“And you think if we—what? Blast the door with combined magic, it’ll break?”
“I don’t know.” Her honesty cuts through the dark. “But it’s the only chance we have. And I’d rather die trying than drown waiting.”
I think about Mira. She died waiting too. Waiting for healers who couldn’t help her. Waiting for permission to seek surface treatment that never came. Waiting for someone to break the rules that were killing her.
She died dreaming of the sky, reaching for something more, and I’ve spent years telling myself that reaching killed her. That staying in the deep, staying safe, staying within boundaries—that’s what keeps us alive.
But we’re dying anyway. Slow extinction dressed as preservation. And the only time I’ve felt truly alive in years is when I stopped waiting and reached for the impossible woman in my arms.
Mira would be ashamed of me. For hiding in the dark so long. For being too afraid to reach. For almost letting fear rob me of the most important thing I’ve ever found.
She died dreaming of the sky. And I have the sky in my arms.
No more.
“Zara.” I press my forehead to hers, our bound hands tangled between us. “Before we try this. Before we risk everything. I need to tell you something.”
“Torin, we don’t have time?—”
“I love you too.”
She goes still. The bond floods with her emotion—shock, joy, desperate hope.
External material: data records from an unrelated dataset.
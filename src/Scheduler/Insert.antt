-- ===== src/Scheduler/Insert.antt =====
-- Labweek16/scheduler.c: where each policy puts a new task.
use operating_system_homewor.Prelude.{◌≡◌, refl, ap, Bool, true, false, List, [], ◌∷◌, arith}
use operating_system_homewor.Prelude.Int.{leb_ℤ}
use operating_system_homewor.Scheduler.{
  Policy, policy_fcfs, policy_sjf_pem, policy_sjf_not_pem, policy_priority_pem,
  policy_priority_not_pem, Task, insert_while, fcfs, sjf_pem, sjf_not_pem, priority_pem,
  priority_not_pem, insert,
}

-- `new` may wait behind `cur`: the test of the walk.
abbrev pub yields : Policy → Task → Task → Bool
yields policy_fcfs new cur = true
yields policy_sjf_pem new cur = leb_ℤ cur.wct new.wct
yields policy_sjf_not_pem new cur = leb_ℤ cur.wct new.wct
yields policy_priority_pem new cur = leb_ℤ new.priority cur.priority
yields policy_priority_not_pem new cur = leb_ℤ new.priority cur.priority

abbrev pub preemptive : Policy → Bool
preemptive policy_fcfs = true
preemptive policy_sjf_pem = true
preemptive policy_sjf_not_pem = false
preemptive policy_priority_pem = true
preemptive policy_priority_not_pem = false

fcfs-while : (new : Task) (q : List Task) → fcfs new q ≡ insert_while (λ _. true) new q
unfolding fcfs insert_while
fcfs-while new [] = refl
fcfs-while new (x ∷ q) = ap (λ r. x ∷ r) (fcfs-while new q)

sjf_pem-while :
    (new : Task) (q : List Task) → sjf_pem new q ≡ insert_while (λ cur. leb_ℤ cur.wct new.wct) new q
unfolding sjf_pem insert_while
sjf_pem-while new [] = refl
sjf_pem-while new (x ∷ q) = ground arith

priority_pem-while :
    (new : Task) (q : List Task)
    → priority_pem new q ≡ insert_while (λ cur. leb_ℤ new.priority cur.priority) new q
unfolding priority_pem insert_while
priority_pem-while new [] = refl
priority_pem-while new (x ∷ q) = ground arith

-- A preemptive policy, like first come first served, walks from the head.
pub insert-preemptive :
    (p : Policy) (new : Task) (q : List Task)
    → preemptive p ≡ true
    → insert p new q ≡ insert_while (yields p new) new q
unfolding insert
insert-preemptive policy_fcfs new q h = fcfs-while new q
insert-preemptive policy_sjf_pem new q h = sjf_pem-while new q
insert-preemptive policy_priority_pem new q h = priority_pem-while new q
insert-preemptive policy_sjf_not_pem new q h = absurd cc
insert-preemptive policy_priority_not_pem new q h = absurd cc

-- One that is not leaves the head where it is.
pub insert-kept :
    (p : Policy) (new x : Task) (q : List Task)
    → preemptive p ≡ false
    → insert p new (x ∷ q) ≡ x ∷ insert_while (yields p new) new q
unfolding insert sjf_not_pem priority_not_pem
insert-kept policy_sjf_not_pem new x q h = refl
insert-kept policy_priority_not_pem new x q h = refl
insert-kept policy_fcfs new x q h = absurd cc
insert-kept policy_sjf_pem new x q h = absurd cc
insert-kept policy_priority_pem new x q h = absurd cc

pub insert-empty : (p : Policy) (new : Task) → insert p new [] ≡ new ∷ []
unfolding insert fcfs sjf_pem sjf_not_pem priority_pem priority_not_pem
insert-empty policy_fcfs new = refl
insert-empty policy_sjf_pem new = refl
insert-empty policy_sjf_not_pem new = refl
insert-empty policy_priority_pem new = refl
insert-empty policy_priority_not_pem new = refl
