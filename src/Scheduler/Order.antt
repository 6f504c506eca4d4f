-- ===== src/Scheduler/Order.antt =====
-- Labweek16/scheduler.c: the order that the policies keep in the queue.
use operating_system_homewor.Prelude.{
  suc, ◌≡◌, refl, ap, Bool, true, false, List, [], ◌∷◌, ◌++◌, arith, All, length, if◌then◌else◌,
  inl, inr, Bool-cases, leb→le,
}
use operating_system_homewor.Prelude.Int.{◌≤ℤ◌}
use operating_system_homewor.Scheduler.{
  Policy, policy_fcfs, policy_sjf_pem, policy_sjf_not_pem, policy_priority_pem,
  policy_priority_not_pem, Task, insert_while, insert,
}
use operating_system_homewor.Scheduler.Insert.{
  yields, preemptive, insert-preemptive, insert-kept, insert-empty,
}

-- No task of the list passes the test, or the first one does not.
abbrev pub Stopped : (Task → Bool) → List Task → Type 0
Stopped test [] = Unit
Stopped test (x ∷ xs) = test x ≡ false

-- The new task stands behind the tasks that pass the test, before the first one that does not.
abbrev pub Placed : (Task → Bool) → Task → List Task → List Task → Type 0
Placed test new q r =
    (ys : List Task) × (zs : List Task) × (q ≡ ys ++ zs)
    × (r ≡ ys ++ new ∷ zs)
    × All (λ y. test y ≡ true) ys
    × Stopped test zs

insert_while-Placed :
    (test : Task → Bool) (new : Task) (q : List Task) → Placed test new q (insert_while test new q)
unfolding insert_while
insert_while-Placed test new [] = ([], [], refl, refl, tt, tt)
insert_while-Placed test new (x ∷ q) = elim (Bool-cases (test x)) [
  | inl passes ↦
      let (ys, zs, e, r, all, stopped) = insert_while-Placed test new q in
      (
        x ∷ ys,
        zs,
        ap (λ l. x ∷ l) e,
        rw (passes, insert_while) (ap (λ l. x ∷ l) r),
        (passes, all),
        stopped,
      )
  | inr stops ↦ ([], x ∷ q, refl, rw (stops, insert_while) refl, tt, stops)
]

-- What a policy lets a new task pass, and what it leaves before it in any case.
abbrev pub kept : Policy → List Task → List Task
kept p [] = []
kept p (x ∷ q) = if preemptive p then [] else x ∷ []

abbrev pub movable : Policy → List Task → List Task
movable p [] = []
movable p (x ∷ q) = if preemptive p then x ∷ q else q

-- For every policy and queue: the head stays where it is under a policy that is not preemptive, and
-- among the others the new task goes behind all that need not yield to it, before the first that
-- must.
pub insert-Placed :
    (p : Policy) (new : Task) (q : List Task)
    → (r : List Task) × (insert p new q ≡ kept p q ++ r) × Placed (yields p new) new (movable p q) r
insert-Placed p new [] = (new ∷ [], insert-empty p new, ([], [], refl, refl, tt, tt))
insert-Placed p new (x ∷ q) = elim (Bool-cases (preemptive p)) [
  | inl pre ↦ rw pre (
    insert_while (yields p new) new (x ∷ q),
    insert-preemptive p new (x ∷ q) pre,
    insert_while-Placed (yields p new) new (x ∷ q),
  )
  | inr non ↦ rw non (
    insert_while (yields p new) new q,
    insert-kept p new x q non,
    insert_while-Placed (yields p new) new q,
  )
]

-- `a` may run before `b`.
abbrev pub Before : Policy → Task → Task → Type 0
Before policy_fcfs a b = Unit
Before policy_sjf_pem a b = a.wct ≤ℤ b.wct
Before policy_sjf_not_pem a b = a.wct ≤ℤ b.wct
Before policy_priority_pem a b = b.priority ≤ℤ a.priority
Before policy_priority_not_pem a b = b.priority ≤ℤ a.priority

abbrev pub Sorted : Policy → List Task → Type 0
Sorted p [] = Unit
Sorted p (x ∷ xs) = All (Before p x) xs × Sorted p xs

-- The queue is in order, but for the head where it cannot be preempted.
abbrev pub Ordered : Policy → List Task → Type 0
Ordered p [] = Unit
Ordered p (x ∷ xs) = Sorted p (if preemptive p then x ∷ xs else xs)

yields→Before : (p : Policy) (new cur : Task) → yields p new cur ≡ true → Before p cur new
yields→Before policy_fcfs new cur h = tt
yields→Before policy_sjf_pem new cur h = leb→le _ _ h
yields→Before policy_sjf_not_pem new cur h = leb→le _ _ h
yields→Before policy_priority_pem new cur h = leb→le _ _ h
yields→Before policy_priority_not_pem new cur h = leb→le _ _ h

stays→Before : (p : Policy) (new cur : Task) → yields p new cur ≡ false → Before p new cur
stays→Before policy_fcfs new cur h = tt
stays→Before policy_sjf_pem new cur h = ground arith
stays→Before policy_sjf_not_pem new cur h = ground arith
stays→Before policy_priority_pem new cur h = ground arith
stays→Before policy_priority_not_pem new cur h = ground arith

Before-trans : (p : Policy) (a b c : Task) → Before p a b → Before p b c → Before p a c
Before-trans policy_fcfs a b c h k = tt
Before-trans policy_sjf_pem a b c h k = omega arith
Before-trans policy_sjf_not_pem a b c h k = omega arith
Before-trans policy_priority_pem a b c h k = omega arith
Before-trans policy_priority_not_pem a b c h k = omega arith

All-Before :
    (p : Policy) (a b : Task) (xs : List Task)
    → Before p a b
    → All (Before p b) xs
    → All (Before p a) xs
All-Before p a b [] h k = tt
All-Before p a b (x ∷ xs) h k = (Before-trans p a b x h k.0, All-Before p a b xs h k.1)

pub insert_while-All :
    (P : Task → Type 0) (test : Task → Bool) (new : Task) (q : List Task)
    → P new
    → All P q
    → All P (insert_while test new q)
unfolding insert_while
insert_while-All P test new [] h k = (h, tt)
insert_while-All P test new (x ∷ q) h k = elim (Bool-cases (test x)) [
  | inl passes ↦ rw (passes, insert_while) (k.0, insert_while-All P test new q h k.1)
  | inr stops ↦ rw (stops, insert_while) (h, k)
]

insert_while-Sorted :
    (p : Policy) (new : Task) (q : List Task)
    → Sorted p q
    → Sorted p (insert_while (yields p new) new q)
unfolding insert_while
insert_while-Sorted p new [] h = (tt, tt)
insert_while-Sorted p new (x ∷ q) h = elim (Bool-cases (yields p new x)) [
  | inl passes ↦
      rw (passes, insert_while)
        (
          insert_while-All (Before p x) (yields p new) new q (yields→Before p new x passes) h.0,
          insert_while-Sorted p new q h.1,
        )
  | inr stops ↦
      let first = stays→Before p new x stops in
      rw (stops, insert_while) ((first, All-Before p new x q first h.0), h)
]

tail-Sorted :
    (p : Policy) (b : Bool) (x : Task) (xs : List Task)
    → Sorted p (x ∷ xs)
    → Sorted p (if b then x ∷ xs else xs)
tail-Sorted p true x xs h = h
tail-Sorted p false x xs h = h.1

pub Sorted→Ordered : (p : Policy) (xs : List Task) → Sorted p xs → Ordered p xs
Sorted→Ordered p [] h = tt
Sorted→Ordered p (x ∷ xs) h = tail-Sorted p (preemptive p) x xs h

-- What stands behind the head is in order under every policy.
pub Ordered-rest : (p : Policy) (x : Task) (xs : List Task) → Ordered p (x ∷ xs) → Sorted p xs
Ordered-rest p x xs h = elim (Bool-cases (preemptive p)) [
  | inl pre ↦ (let sorted : Sorted p (x ∷ xs) = rw pre at h in sorted.1)
  | inr non ↦ rw non at h
]

pub insert-Ordered :
    (p : Policy) (new : Task) (q : List Task) → Ordered p q → Ordered p (insert p new q)
insert-Ordered p new [] h = rw (insert-empty p new) (Sorted→Ordered p (new ∷ []) (tt, tt))
insert-Ordered p new (x ∷ q) h = elim (Bool-cases (preemptive p)) [
  | inl pre ↦ rw (insert-preemptive p new (x ∷ q) pre) (
      Sorted→Ordered p (insert_while (yields p new) new (x ∷ q))
        (insert_while-Sorted p new (x ∷ q) (rw pre at h)))
  | inr non ↦ rw (insert-kept p new x q non, non) (insert_while-Sorted p new q (rw non at h))
]

pub insert-All :
    (P : Task → Type 0) (p : Policy) (new : Task) (q : List Task)
    → P new
    → All P q
    → All P (insert p new q)
insert-All P p new [] h k = rw (insert-empty p new) (h, tt)
insert-All P p new (x ∷ q) h k = elim (Bool-cases (preemptive p)) [
  | inl pre ↦
      rw (insert-preemptive p new (x ∷ q) pre) (insert_while-All P (yields p new) new (x ∷ q) h k)
  | inr non ↦ rw (insert-kept p new x q non) (k.0, insert_while-All P (yields p new) new q h k.1)
]

length-insert_while :
    (test : Task → Bool) (new : Task) (q : List Task)
    → length (insert_while test new q) ≡ suc (length q)
unfolding insert_while
length-insert_while test new [] = refl
length-insert_while test new (x ∷ q) = ground (arith, length-insert_while test new q)

pub length-insert :
    (p : Policy) (new : Task) (q : List Task) → length (insert p new q) ≡ suc (length q)
length-insert p new [] = rw (insert-empty p new) refl
length-insert p new (x ∷ q) = elim (Bool-cases (preemptive p)) [
  | inl pre ↦
      rw (insert-preemptive p new (x ∷ q) pre) (length-insert_while (yields p new) new (x ∷ q))
  | inr non ↦ rw (insert-kept p new x q non) (ap suc (length-insert_while (yields p new) new q))
]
“Not ‘I think,’“ I continue. “Not because the bond compels me. I love you. Because you argue and challenge and make me question everything I thought was truth. Because you flew into enemy territory alone to prove yourself and ended up provingsomething far more important. Because you see integration not as pollution but as possibility. Because you make me want to be better than I am.”
The water touches my lower lip. I tilt my head back, finding the last inch of air.
“I choose you,” I tell her. “Not because of the bond. Because of you. Because I would rather be an outcast with you than a hero without you. Because the only future worth living is one where you’re in it.”
Her breath hitches. Through the bond, I feel her tears mixing with the water on her face. “Torin?—”
“I’m not done.” The water reaches my nose. I take the deepest breath I can, knowing it might be my last. “Whatever happens next—whether we break free or die trying—I want you to know: these days with you have been the best of my life. You taught me to fly without ever leaving the water. You taught me that love isn’t weakness. You taught me that sometimes the bravest thing you can do is reach for the impossible.”
“I love you.” She says it clearly now. No hesitation. No ‘think.’ “I love you, Torin Blackwater. You saved me when you should have let me drown. You showed me that I don’t have to prove anything to anyone except myself. You taught me that connection isn’t diminishment—it’s multiplication. Together, we’re more.”
The water covers our mouths. I pull her into a kiss—half desperation, half declaration. She kisses me back like she’s trying to pour every unsaid word, every stolen moment, every impossible future into this single point of contact.
And the bond surges.
Not gently. Not the settled warmth of completion. This is raw power, desperate and demanding, flooding through the connection between us like a dam breaking. I feel it reachingfor something deeper, something we touched in that dry grotto when we first made love but didn’t fully claim.
The bond is telling us something. Showing us something. There’s power here—real power, the kind that could shatter enchantments and break stone—but we can’t reach it. Not yet. Not like this.
I break the kiss, both of us gasping in the inch of air remaining. “The bond,” I manage. “It’s—there’s something?—”
“I feel it.” Zara’s eyes are wide in the darkness I can see through. “It’s like—like there’s a door inside the bond. Locked. We touched it before but didn’t open it.”
“How do we open it?”
She’s quiet for a heartbeat. Then: “Completion.”
The word hangs between us.
“We made love,” I say slowly. “We claimed each other. The bond is already?—”
“Partial.” She cuts me off. “That night in the grotto—it was surrender. It was choosing. But it wasn’t—” She struggles for words. “We held back. Both of us. Some part of us was still afraid of what full completion would mean. What we’d become. What we’d lose of ourselves.”
She’s right. I know she’s right. That night was choosing each other, but it wasn’t letting go completely. Wasn’t opening every door, breaking every wall, allowing the bond to remake us entirely.